Even in a year when overall deal volume sagged, bispecifics have emerged as the strategic through-line: fewer transactions, bigger checks, and broader ambition. The top licensing deals treat bispecifics not as niche bolt-ons but as potential backbone therapies spanning multiple solid tumors—and, increasingly, immune-mediated disease. China’s engineering muscle has been pivotal to this shift, supplying validated PD-1 × VEGF and BCMA × CD3 engines alongside a growing crop of non-oncology targets (TSLP, IL-33, and KLK2).

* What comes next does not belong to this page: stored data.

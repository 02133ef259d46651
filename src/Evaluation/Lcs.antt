-- ===== src/Evaluation/Lcs.antt =====
-- src/evaluators/quality_metrics.py: `_lcs_length`, row by row. The inner loop writes `curr[j]` for
-- j = 1 … n; a row is the list of its cells, and a round reads `prev[j - 1]`, `prev[j]`, `curr[j - 1]`.
pub mod Rows
pub mod Longest
use multie_layer_kache.Prelude.{
  ℕ, ◌+◌, max, Bool, List, [], ◌∷◌, map, Key, ◌==◌, if◌then◌else◌, last_cell,
}

module _ {A : Type 0} ⦃key : Key A⦄ where
  -- the cells of `curr` from `j` on: `diagonal` is `prev[j - 1]`, then come `prev[j]` and what follows,
  -- and `left` is `curr[j - 1]`
  unfoldable pub lcs_row : A → List A → ℕ → List ℕ → ℕ → List ℕ
  lcs_row x [] diagonal above left = []
  lcs_row x (y ∷ ys) diagonal [] left = []
  lcs_row x (y ∷ ys) diagonal (up ∷ above) left =
      let cell = if x == y then diagonal + 1 else max left up in cell ∷ lcs_row x ys up above cell

  -- one round of the outer loop, from `prev` to the `prev` of the next
  unfoldable pub lcs_round : A → List A → List ℕ → List ℕ
  unfolding lcs_row
  lcs_round x b [] = []
  lcs_round x b (p ∷ prev) = 0 ∷ lcs_row x b p prev 0

  unfoldable pub lcs_rounds : List A → List A → List ℕ → List ℕ
  unfolding lcs_round
  lcs_rounds [] b prev = prev
  lcs_rounds (x ∷ a) b prev = lcs_rounds a b (lcs_round x b prev)

  -- `prev[n]` after the rounds
  unfoldable pub lcs_length : List A → List A → ℕ
  unfolding lcs_rounds
  lcs_length a b = last_cell 0 (lcs_rounds a b (0 ∷ map (λ y. 0) b))
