-- ===== src/Evaluation/Lcs/Rows.antt =====
-- The table of `_lcs_length` against the recursion on the two words, read from their ends.
use mathlib.Core.List.{reverse, reverse_aux}
use multie_layer_kache.Prelude.{
  ℕ, ◌+◌, max, ◌≡◌, ◌∙◌, refl, sym, ap, List, [], ◌∷◌, map, Key, ◌==◌, if◌then◌else◌, last_cell,
}
use multie_layer_kache.Evaluation.Lcs.{lcs_row, lcs_round, lcs_rounds, lcs_length}

module _ {A : Type 0} ⦃key : Key A⦄ where
  abbrev pub lcs : List A → List A → ℕ
  lcs [] ys = 0
  lcs (x ∷ xs) [] = 0
  lcs (x ∷ xs) (y ∷ ys) =
      let both = lcs xs ys in
      let right = lcs (x ∷ xs) ys in
      let left = lcs xs (y ∷ ys) in if x == y then both + 1 else max right left

  -- the cells of a row behind the one of `sb`: `sa` and `sb` are the words read so far, last letter first
  abbrev cells : List A → List A → List A → List ℕ
  cells sa sb [] = []
  cells sa sb (y ∷ ys) = lcs sa (y ∷ sb) ∷ cells sa (y ∷ sb) ys

  lcs_row-cells :
      (x : A) (sa sb ys : List A)
      → lcs_row x ys (lcs sa sb) (cells sa sb ys) (lcs (x ∷ sa) sb) ≡ cells (x ∷ sa) sb ys
  unfolding lcs_row
  lcs_row-cells x sa sb [] = refl
  lcs_row-cells x sa sb (y ∷ ys) =
      ap (λ l. lcs (x ∷ sa) (y ∷ sb) ∷ l) (lcs_row-cells x sa (y ∷ sb) ys)

  lcs-empty : (sa : List A) → lcs sa [] ≡ 0
  lcs-empty [] = refl
  lcs-empty (x ∷ sa) = refl

  lcs_rounds-cells :
      (sa xs b : List A) → lcs_rounds xs b (0 ∷ cells sa [] b) ≡ 0 ∷ cells (reverse_aux xs sa) [] b
  unfolding lcs_rounds lcs_round
  lcs_rounds-cells sa [] b = refl
  lcs_rounds-cells sa (x ∷ xs) b =
      ap (λ l. lcs_rounds xs b (0 ∷ l))
        (ap (λ d. lcs_row x b d (cells sa [] b) 0) (sym (lcs-empty sa)) ∙ lcs_row-cells x sa [] b)
      ∙ lcs_rounds-cells (x ∷ sa) xs b

  cells-zero : (sb ys : List A) → cells [] sb ys ≡ map (λ y. 0) ys
  cells-zero sb [] = refl
  cells-zero sb (y ∷ ys) = ap (◌∷◌ 0) (cells-zero (y ∷ sb) ys)

  last_cell-cells :
      (sa sb ys : List A) → last_cell (lcs sa sb) (cells sa sb ys) ≡ lcs sa (reverse_aux ys sb)
  last_cell-cells sa sb [] = refl
  last_cell-cells sa sb (y ∷ ys) = last_cell-cells sa (y ∷ sb) ys

  -- The table computes the recursion on the reversed words.
  pub lcs_length-reverse : (a b : List A) → lcs_length a b ≡ lcs (reverse a) (reverse b)
  unfolding lcs_length
  lcs_length-reverse a b =
      ap (λ l. last_cell 0 (lcs_rounds a b (0 ∷ l))) (sym (cells-zero [] b))
      ∙ ap (last_cell 0) (lcs_rounds-cells [] a b)
      ∙ ap (λ n. last_cell n (cells (reverse a) [] b)) (sym (lcs-empty (reverse a)))
      ∙ last_cell-cells (reverse a) [] b
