-- ===== src/Handler.antt =====
-- src/ioproxy/Handler.hpp and Handler.cpp. The counts of bytes are natural numbers: the source's
-- are `qint64`, whose overflow at 2^63 bytes is not modelled.
pub mod Status
use ioproxy.Base.{
  ℕ, zero, suc, ◌+◌, String, Bool, true, false, List, [], ◌∷◌, ◌++◌, str_eq, if◌then◌else◌,
}
use ioproxy.Io.{DataPack, count}

pub data State : Type 0 where
  stopped started failed : State

abbrev pub state_eq : State → State → Bool
state_eq stopped stopped = true
state_eq started started = true
state_eq failed failed = true
state_eq _ _ = false

-- The handler's own signals about its properties.
pub data Notice : Type 0 where
  state_changed error_message_changed : Notice

-- `io` is the state of the IO that `m_io` points to. `data_slots` counts the connections from its
-- signal `newData` to `onNewData`; `status_slots` those of the three other signals, which are made
-- together. Qt calls a slot once for each connection.
pub record Handler (S : Type 0) : Type 0 where
  pub unique_name : String
  pub io : S
  pub state : State
  pub error_message : String
  pub bytes_written : ℕ
  pub bytes_read : ℕ
  pub data_slots : ℕ
  pub status_slots : ℕ
  pub notices : List Notice

module _ {S : Type 0} where
  -- The constructor.
  unfoldable pub new_handler : String → S → Handler S
  new_handler name io = record {
    unique_name = name;
    io = io;
    state = stopped;
    error_message = "";
    bytes_written = 0;
    bytes_read = 0;
    data_slots = 1;
    status_slots = 0;
    notices = [];
  }

  unfoldable pub set_state : State → Handler S → Handler S
  set_state s h =
      if state_eq h.state s
      then h
      else record h { state = s; notices = h.notices ++ (state_changed ∷ []) }

  unfoldable pub set_error_message : String → Handler S → Handler S
  set_error_message m h =
      if str_eq h.error_message m
      then h
      else record h { error_message = m; notices = h.notices ++ (error_message_changed ∷ []) }

  unfoldable pub on_started : Handler S → Handler S
  unfolding set_state set_error_message
  on_started h = set_state started (set_error_message "" h)

  unfoldable pub on_startup_error_occured : String → Handler S → Handler S
  unfolding set_state set_error_message
  on_startup_error_occured m h = set_state failed (set_error_message m h)

  unfoldable pub on_error_occured : String → Handler S → Handler S
  unfolding set_state set_error_message
  on_error_occured m h = set_state failed (set_error_message m h)

  -- The part of `onNewData` that is about the handler itself.
  unfoldable pub count_read : DataPack → Handler S → Handler S
  count_read p h = record h { bytes_read = h.bytes_read + count p }

  unfoldable pub count_written : DataPack → Handler S → Handler S
  count_written p h = record h { bytes_written = h.bytes_written + count p }

  -- A slot is called once for each connection.
  unfoldable pub times : ℕ → (Handler S → Handler S) → Handler S → Handler S
  times zero f h = h
  times (suc n) f h = times n f (f h)

  -- The three `connect` lines of `start`.
  unfoldable pub connect_status : Handler S → Handler S
  connect_status h = record h { status_slots = h.status_slots + 1 }

  -- `m_io->disconnect(this)`
  unfoldable pub disconnect : Handler S → Handler S
  disconnect h = record h { data_slots = 0; status_slots = 0 }
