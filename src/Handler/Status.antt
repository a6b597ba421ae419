-- ===== src/Handler/Status.antt =====
-- src/ioproxy/Handler.cpp: the state and the error message of a handler.
use ioproxy.Base.{ℕ, zero, suc, ◌≡◌, refl, arith, eq_iff}
use ioproxy.Handler.{
  Handler, started, failed, on_started, on_startup_error_occured, on_error_occured, times,
}
use ioproxy.Io.{Signal}

module _ {S : Type 0} where
  -- What the three status slots do, by the signal.
  unfoldable pub on_status : Signal → Handler S → Handler S
  on_status Signal.started h = on_started h
  on_status (Signal.startup_error_occured m) h = on_startup_error_occured m h
  on_status (Signal.error_occured m) h = on_error_occured m h
  on_status (Signal.new_data p) h = h

  -- The state and message that a status signal stands for.
  abbrev pub Shows : Signal → Handler S → Type 0
  Shows Signal.started h = (h.state ≡ started) × (h.error_message ≡ "")
  Shows (Signal.startup_error_occured m) h = (h.state ≡ failed) × (h.error_message ≡ m)
  Shows (Signal.error_occured m) h = (h.state ≡ failed) × (h.error_message ≡ m)
  Shows (Signal.new_data p) h = Unit

  pub on_status-Shows : (x : Signal) (h : Handler S) → Shows x (on_status x h)
  unfolding on_status on_started on_startup_error_occured on_error_occured
  on_status-Shows Signal.started h = ground (arith, eq_iff h.error_message "")
  on_status-Shows (Signal.startup_error_occured m) h = ground (arith, eq_iff h.error_message m)
  on_status-Shows (Signal.error_occured m) h = ground (arith, eq_iff h.error_message m)
  on_status-Shows (Signal.new_data p) h = tt

  pub on_status-io : (x : Signal) (h : Handler S) → (on_status x h).io ≡ h.io
  unfolding on_status on_started on_startup_error_occured on_error_occured
  on_status-io Signal.started h = ground arith
  on_status-io (Signal.startup_error_occured m) h = ground arith
  on_status-io (Signal.error_occured m) h = ground arith
  on_status-io (Signal.new_data p) h = refl

  -- A status signal that is shown already changes nothing, and notifies nobody.
  on_status_idem : (x : Signal) (h : Handler S) → Shows x h → on_status x h ≡ h
  unfolding on_status on_started on_startup_error_occured on_error_occured
  on_status_idem Signal.started h s = ground (arith, eq_iff h.error_message "")
  on_status_idem (Signal.startup_error_occured m) h s = ground (arith, eq_iff h.error_message m)
  on_status_idem (Signal.error_occured m) h s = ground (arith, eq_iff h.error_message m)
  on_status_idem (Signal.new_data p) h s = refl

  times-fixed : (n : ℕ) (f : Handler S → Handler S) (h : Handler S) → f h ≡ h → times n f h ≡ h
  unfolding times
  times-fixed zero f h e = refl
  times-fixed (suc n) f h e = rw e (times-fixed n f h e)

  -- With the signals connected more than once, by two calls of `start`, a status signal has the same
  -- effect as with one connection, the notices to others included; and the handler shows it.
  pub times-on_status :
      (n : ℕ) (x : Signal) (h : Handler S)
      → (times (suc n) (on_status x) h ≡ on_status x h) × Shows x (times (suc n) (on_status x) h)
  unfolding times
  times-on_status n x h =
      let e =
        times-fixed n (on_status x) (on_status x h) (on_status_idem x _ (on_status-Shows x h)) in
      (e, rw e (on_status-Shows x h))
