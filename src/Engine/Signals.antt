-- ===== src/Engine/Signals.antt =====
-- src/ioproxy/Handler.cpp and Engine.cpp: how the signals of an IO reach its handler, and how data
-- is forwarded from handler to handler. Slots run at once, within the call that emits the signal,
-- so a pack that comes back to an IO on the way is a deeper call: the fuel bounds the depth.
use ioproxy.Base.{ℕ, zero, suc, Option, none, some, List, [], ◌∷◌, get_elem?, ◌==◌, if◌then◌else◌}
use ioproxy.Io.{DataPack, Signal, Io}
use ioproxy.Handler.{Handler, State, state_eq, count_read, count_written, times}
use ioproxy.Handler.Status.{on_status}

-- A connection of `newData` to `writeData`, by the positions of the two handlers.
abbrev pub Link : Type 0
Link = ℕ × ℕ

-- Changes the entry at a position.
abbrev pub at {ℓ} : {A : Type ℓ} → ℕ → (A → A) → List A → List A
at i f [] = []
at zero f (x ∷ xs) = f x ∷ xs
at (suc i) f (x ∷ xs) = x ∷ at i f xs

-- A way to handle the signals that the IO at a position emits.
abbrev pub Emit : Type 0 → Type 0
Emit S = ℕ → List Signal → List (Handler S) → Option (List (Handler S))

module _ {S : Type 0} where
  -- `Handler::writeData` of the handler at `d`, where `deeper` handles the signals that its IO emits.
  unfoldable pub write_data :
      Io S → Emit S → ℕ → DataPack → List (Handler S) → Option (List (Handler S))
  unfolding count_written
  write_data io deeper d p hs = elim (get_elem? hs d) [
    | none ↦ some hs
    | some h ↦
        if state_eq h.state State.started
        then (let (s, signals) = io.write_data p h.io in
            elim (deeper d signals (at d (λ g. record g { io = s }) hs)) [
              | none ↦ none
              | some hs' ↦ some (at d (count_written p) hs')
            ])
        else some hs
  ]

  -- `Q_EMIT newData(data)` of the handler at `i`: one call for each connection, oldest first.
  unfoldable pub forward :
      Io S → Emit S → List Link → ℕ → DataPack → List (Handler S) → Option (List (Handler S))
  unfolding write_data
  forward io deeper [] i p hs = some hs
  forward io deeper ((s, d) ∷ links) i p hs =
      elim (if s == i then write_data io deeper d p hs else some hs) [
        | none ↦ none
        | some hs' ↦ forward io deeper links i p hs'
      ]

  -- `onNewData`, once for each connection of the IO's signal.
  unfoldable pub on_new_data :
      Io S → Emit S → List Link → ℕ → ℕ → DataPack → List (Handler S) → Option (List (Handler S))
  unfolding forward count_read
  on_new_data io deeper links zero i p hs = some hs
  on_new_data io deeper links (suc n) i p hs =
      elim (forward io deeper links i p (at i (count_read p) hs)) [
        | none ↦ none
        | some hs' ↦ on_new_data io deeper links n i p hs'
      ]

  -- One signal of the IO at `i`.
  unfoldable pub receive :
      Io S → Emit S → List Link → ℕ → Signal → List (Handler S) → Option (List (Handler S))
  unfolding on_new_data times on_status
  receive io deeper links i x hs = elim (get_elem? hs i) [
    | none ↦ some hs
    | some h ↦ elim x [
      | Signal.new_data p ↦ on_new_data io deeper links h.data_slots i p hs
      | y ↦ some (at i (times h.status_slots (on_status y)) hs)
    ]
  ]

  unfoldable pub receive_all :
      Io S → Emit S → List Link → ℕ → List Signal → List (Handler S) → Option (List (Handler S))
  unfolding receive
  receive_all io deeper links i [] hs = some hs
  receive_all io deeper links i (x ∷ xs) hs = elim (receive io deeper links i x hs) [
    | none ↦ none
    | some hs' ↦ receive_all io deeper links i xs hs'
  ]

  -- The signals that the IO at `i` emits. `none` means that the calls went deeper than the fuel.
  unfoldable pub emit : Io S → ℕ → List Link → Emit S
  emit io zero links i [] hs = some hs
  emit io zero links i (x ∷ xs) hs = none
  emit io (suc fuel) links i signals hs = receive_all io (emit io fuel links) links i signals hs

“One area I would keep an eye on is bispecific ADCs,” said Tang. Phipps also pointed to upcoming clinical readouts for new mechanisms: “Everyone’s always looking for new targets for T-cell engagers. I think that the clinical data in ovarian cancer suggest that claudin 6 (CLDN6) is going to be important; and in renal carcinoma, there’s a lot of anticipation for readouts around T-cell engagers targeting ectonucleotide pyrophosphatase/phosphodiesterase family member 3 (ENPP3).”

Whether the bispecific momentum persists into 2026 and beyond will depend on whether clinical data position next-generation agents to supplant existing single-target monoclonal antibody franchises. Cross-border licensing should remain brisk as multinationals bridge patent cliffs, and Chinese developers monetize speed and scale, leveraging their ability to obtain early human ‘proof of signal’ data in investigator-initiated trials. If those boxes get ticked, the ‘year of the bispecific’ won’t read as a blip in a down market—it will mark the start of a new default modality.